“I dunno… boss, I swear I?—”
“My sister is hurt!” said Russell. “That’s what Charmaine said. We want to see her! Now!” Russell demanded. “Now got damn it!”
“Who is Charmaine?” asked Lucio.
Earlier—
The girls chose the hotel’s breakfast buffet and found a corner to sit. Charmaine kept watch, uneasy about the stares and not feeling safe. Nzinga surprised them by eating normally, despite her swollen jaw. And they did their best to eat as well.
“Are all the women who went to the forest with Greenlee dead?” Charmaine asked, slowly chewing her food. “I thought the guardians were heroes. Why did they kill them?”
Nzinga stopped mid-chew. She pushed her plate away and sat back. “We were judged, deemed unworthy.”
Sonya kept looking down into her shirt for tattoos to reappear. “I can’t believe they’re gone,” she mumbled.
“What do we do now?” Charmaine asked. “And are we safe with all these people staring?”
“This is the safest place on the strip. But to answer your question, you’re not safe. You’re Guardians. Mortals sense your aura. It makes you stand out, like movie stars. Ever seen a celebrity in person and thought they didn’t look like you imagined? Because on screen they were too perfect. It’s how nature interacts with you. Right now, to the average person, you are too perfect. That flawless look you carry puzzles and entices people. You rarely see that kind of vitality naturally.”
Charmaine nodded. “Do the guardians speak to you? Do they have plans for us?”
“Will they speak to us?” Sonya added.
“You don’t understand. What you’ve become means there’s no ‘us.’ You’re one with them—forever,” Nzinga replied.
“No. I’m still me. I feel strange, and Sonya has headaches. Of course, her body is different… but I’m not different,” Charmaine’s voice trailed off.
“You don’t hear them? You aren’t filled with ancient knowledge?” Nzinga asked. “Enlightened?”
“No,” Sonya said. “Nothing.”
“Well…” Charmaine began.
“Well, what?” Sonya asked.
“If they’re dormant, that makes no sense.” Nzinga seem to lose her appetite. She shoved her plate away, her voice pitched high with distress. “That can’t be true! I don’t know why they would be silent. Especially now. Especially here.”

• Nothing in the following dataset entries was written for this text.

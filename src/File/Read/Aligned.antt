-- ===== src/File/Read/Aligned.antt =====
-- read_file from an offset that is a multiple of the block size.
use uwufs.Base.{
  ℕ, zero, suc, ◌+◌, ◌-◌, ◌*◌, ◌/◌, ◌%◌, min, ◌≤◌, ◌<◌, ◌≡◌, ◌≢◌, ◌⊎◌, refl, ap, ap₂, subst, ◌∙◌,
  inl, inr, arith, ltb, Bool-cases, lt→ltb, ltb→lt, not_ltb→le, le→not_ltb, ne→not_==,
}
use uwufs.Bytes.{Bytes, blit}
use uwufs.Bytes.Blit.{blit-inside, blit-outside}
use uwufs.Machine.{Machine, Works, ok}
use uwufs.Block.Access.{load-ok}
use uwufs.Blockmap.{dblk_itr, next, get_dblk}
use uwufs.File.Read.{copy_round, read_loop, read_file}

pub next-get_dblk :
    (ino : Bytes) (i : ℕ) (d : Machine)
    → i < 134480394
    → next (dblk_itr ino i) d ≡ (get_dblk ino i d, dblk_itr ino (i + 1))
unfolding next get_dblk
next-get_dblk ino i d h = rw (lt→ltb i 134480394 h) refl

-- The byte of a file at a position.
abbrev pub file_byte : Bytes → ℕ → Machine → ℕ
file_byte ino p d = d.block (get_dblk ino (p / 4096) d) (p % 4096)

-- `count` bytes from the block `base` of the file on lie in blocks of the device.
pub record IsMapped (ino : Bytes) (base count : ℕ) (d : Machine) : Type 0 where
  pub works : Works d
  pub indexed : (k : ℕ) → 4096 * k < count → base + k < 134480394
  pub used : (k : ℕ) → 4096 * k < count → get_dblk ino (base + k) d ≢ 0
  pub inside : (k : ℕ) → 4096 * k < count → get_dblk ino (base + k) d < d.size

-- The buffer has the bytes of the file from the position `cur` on, and outside of them what it had.
pub record IsCopied (ino : Bytes) (base cur size : ℕ) (d : Machine) (buf buf' : Bytes)
    : Type 0 where
  pub copied : (p : ℕ) → cur ≤ p → p < size → buf' p ≡ file_byte ino (4096 * base + p) d
  pub kept : (p : ℕ) → (p < cur) ⊎ (size ≤ p) → buf' p ≡ buf p

pub read_loop-done :
    (fuel size off cur : ℕ) (buf : Bytes) (d : Machine)
    → (itr : _) → size ≤ cur
    → read_loop fuel size off itr buf cur d ≡ (ok (cur, buf), d)
unfolding read_loop
read_loop-done zero size off cur buf d itr h = rw (le→not_ltb cur size h) refl
read_loop-done (suc fuel) size off cur buf d itr h = rw (le→not_ltb cur size h) refl

module _ (ino : Bytes) (base size : ℕ) (d : Machine) (m : IsMapped ino base size d) where
  module _ (k : ℕ) (buf : Bytes) (lt : 4096 * k < size) where
    abbrev blk : Bytes
    blk = d.block (get_dblk ino (base + k) d)

    byte-blk :
        (p : ℕ)
        → 4096 * k ≤ p
        → p < 4096 * k + 4096
        → blk (p - 4096 * k) ≡ file_byte ino (4096 * base + p) d
    byte-blk p ge small = ap₂ (λ i j. d.block (get_dblk ino i d) j) (omega arith) (omega arith)

    abbrev count : ℕ
    count = min (size - 4096 * k) 4096

    copy_round-aligned :
        copy_round size 0 blk buf (4096 * k) d
        ≡ (ok (blit buf (4096 * k) blk 0 count, 4096 * k + count), d)
    unfolding copy_round
    copy_round-aligned = elim (Bool-cases (ltb 4096 (size - 4096 * k))) [
      | inl e ↦
          let full : count ≡ 4096 = omega (arith, ltb→lt 4096 (size - 4096 * k) e) in
          rw (e, full) refl
      | inr e ↦
          let part : count ≡ size - 4096 * k = omega (arith, not_ltb→le 4096 (size - 4096 * k) e) in
          rw (e, part) refl
    ]

    -- One round of the loop.
    read_loop-round :
        (fuel : ℕ)
        → read_loop (suc fuel) size 0 (dblk_itr ino (base + k)) buf (4096 * k) d
          ≡ read_loop fuel size 0
              (dblk_itr ino (base + k + 1))
              (blit buf (4096 * k) blk 0 count)
              (4096 * k + count)
              d
    unfolding read_loop
    read_loop-round fuel =
        rw
          (
            lt→ltb (4096 * k) size lt,
            next-get_dblk ino (base + k) d (m.indexed k lt),
            ne→not_== (get_dblk ino (base + k) d) 0 (m.used k lt),
            load-ok (get_dblk ino (base + k) d) m.works (m.inside k lt),
            copy_round-aligned,
          )
          refl

    IsCopied-round :
        IsCopied ino base (4096 * k) (4096 * k + count) d buf (blit buf (4096 * k) blk 0 count)
    IsCopied-round = record {
      copied = λ p ge le.
          ap (blit buf (4096 * k) blk 0 count) (omega arith)
          ∙ blit-inside buf blk (4096 * k) 0 count (p - 4096 * k) (omega arith)
          ∙ ap blk (omega arith)
          ∙ byte-blk p ge (omega arith);
      kept = λ p out. blit-outside buf blk (4096 * k) 0 count p out;
    }

  IsCopied-join :
      (cur mid end : ℕ) (buf b c : Bytes)
      → cur ≤ mid
      → mid ≤ end
      → IsCopied ino base cur mid d buf b
      → IsCopied ino base mid end d b c
      → IsCopied ino base cur end d buf c
  IsCopied-join cur mid end buf b c le le' f g = record {
    copied = λ p ge lt. elim (Bool-cases (ltb p mid)) [
      | inl e ↦
          let before : p < mid = ltb→lt p mid e in g.kept p (inl before) ∙ f.copied p ge before
      | inr e ↦ g.copied p (not_ltb→le p mid e) lt
    ];
    kept = λ p out. g.kept p (ground arith) ∙ f.kept p (ground arith);
  }

  -- Where the loop got to the end of the block before `k`, it copies the rest and ends.
  abbrev IsRest : (fuel k : ℕ) → Bytes → Type 0
  IsRest fuel k buf =
      (buf' : Bytes) × (read_loop fuel size 0 (dblk_itr ino (base + k)) buf (4096 * k) d
        ≡ (ok (size, buf'), d))
      × IsCopied ino base (4096 * k) size d buf buf'

  IsRest-none : (fuel k : ℕ) (buf : Bytes) → 4096 * k ≡ size → IsRest fuel k buf
  IsRest-none fuel k buf e = (
    buf,
    read_loop-done fuel size 0 (4096 * k) buf d (dblk_itr ino (base + k)) (omega arith)
        ∙ ap (λ n. (ok (n, buf), d)) e,
    record { copied = λ p ge lt. absurd (omega arith); kept = λ p out. refl },
  )

  module _ (fuel k : ℕ) (buf : Bytes) (lt : 4096 * k < size) where
    abbrev next_buf : Bytes
    next_buf = blit buf (4096 * k) (blk k buf lt) 0 (count k buf lt)

    abbrev stop_at : ℕ
    stop_at = 4096 * k + count k buf lt

    read_loop-step :
        read_loop (suc fuel) size 0 (dblk_itr ino (base + k)) buf (4096 * k) d
        ≡ read_loop fuel size 0 (dblk_itr ino (base + k + 1)) next_buf stop_at d
    read_loop-step = read_loop-round k buf lt fuel

    IsRest-last : size ≤ 4096 * k + 4096 → IsRest (suc fuel) k buf
    IsRest-last h =
        let end : stop_at ≡ size = omega arith in
        (
          next_buf,
          read_loop-step
              ∙ read_loop-done fuel size 0 stop_at next_buf d (dblk_itr ino (base + k + 1))
                  (omega (arith, end))
              ∙ ap (λ n. (ok (n, next_buf), d)) end,
          subst (λ n. IsCopied ino base (4096 * k) n d buf next_buf) end (IsCopied-round k buf lt),
        )

    IsRest-more : 4096 * k + 4096 < size → IsRest fuel (k + 1) next_buf → IsRest (suc fuel) k buf
    IsRest-more h (buf', run, copied) =
        let mid : stop_at ≡ 4096 * (k + 1) = omega arith in
        (
          buf',
          read_loop-step
              ∙ ap₂ (λ i n. read_loop fuel size 0 (dblk_itr ino i) next_buf n d) (omega arith) mid
              ∙ run,
          IsCopied-join (4096 * k) (4096 * (k + 1)) size buf next_buf buf' (omega arith)
              (omega arith)
              (subst (λ n. IsCopied ino base (4096 * k) n d buf next_buf) mid
                (IsCopied-round k buf lt))
              copied,
        )

  read_loop-IsRest :
      (fuel k : ℕ) (buf : Bytes) → 4096 * k ≤ size → size ≤ 4096 * k + fuel → IsRest fuel k buf
  read_loop-IsRest zero k buf le fits = IsRest-none zero k buf (omega arith)
  read_loop-IsRest (suc fuel) k buf le fits = elim (Bool-cases (ltb (4096 * k) size)) [
    | inr e ↦ IsRest-none (suc fuel) k buf (omega (arith, not_ltb→le (4096 * k) size e))
    | inl e ↦
        let lt = ltb→lt (4096 * k) size e in
        elim (Bool-cases (ltb (4096 * k + 4096) size)) [
          | inl m ↦
              let more = ltb→lt (4096 * k + 4096) size m in
              IsRest-more fuel k buf lt more
                (read_loop-IsRest fuel (k + 1) (next_buf fuel k buf lt) (omega arith) (omega arith))
          | inr m ↦ IsRest-last fuel k buf lt (not_ltb→le (4096 * k + 4096) size m)
        ]
  ]

-- Where the offset is a multiple of the block size and all bytes asked for lie in blocks of a device
-- that works, read_file returns their number and a buffer that holds those bytes of the file in
-- order, keeps the bytes of the buffer behind them and changes nothing on the device.
pub read_file-IsCopied :
    (buf : Bytes) (size base : ℕ) (ino : Bytes) (d : Machine)
    → IsMapped ino base size d
    → (buf' : Bytes) × (read_file buf size (4096 * base) ino d ≡ (ok (size, buf'), d))
      × IsCopied ino base 0 size d buf buf'
unfolding read_file
read_file-IsCopied buf size base ino d m =
    let (buf', run, copied) =
      read_loop-IsRest ino base size d m size 0 buf (omega arith) (omega arith) in
    (
      buf',
      ap₂ (λ off i. read_loop size size off (dblk_itr ino i) buf 0 d) (omega arith) (omega arith)
          ∙ run,
      copied,
    )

“I hear something. Earlier, outside the hotel, I felt watched. Then I saw him, a man in a hoodie and gloves, staring from across the street. A voice, my voice but not mine, told me to go inside.”
Nzinga nodded with relief. “He couldn’t enter Circus Circus. When you leave, there will be more with him and they will follow. This voice. It must be Liora.”
“Wow, so the vamps know we’re here?” Sonya sighed.
“It could be anything, but if the man wore gloves and a hood in the daylight, it’s possibly a vamp of lower ranking. They are curious hunters. They won’t approach during the daylight, but at night it is a different story. At night, they become more feral. They don’t know who or what you are yet,” said Nzinga.
“Do we get Dolly and get out of here?” asked Charmaine.
“We follow Greenlee’s plan,” Nzinga said.
“But you said the Guardians killed her!” Sonya exclaimed.
“I don’t know if she’s dead. The Guardians have all our knowledge. If they didn’t want us to follow the plan, they’d let us know. Remember the headache?” Nzinga asked.
Sonya shuddered at the memory of the pain. She didn’t want that anymore. “You got a point.”
“What was her plan?” Charmaine asked. “Can we hurry? More people are staring.”
“Char! No one is staring at you. Good grief!” Sonya snapped.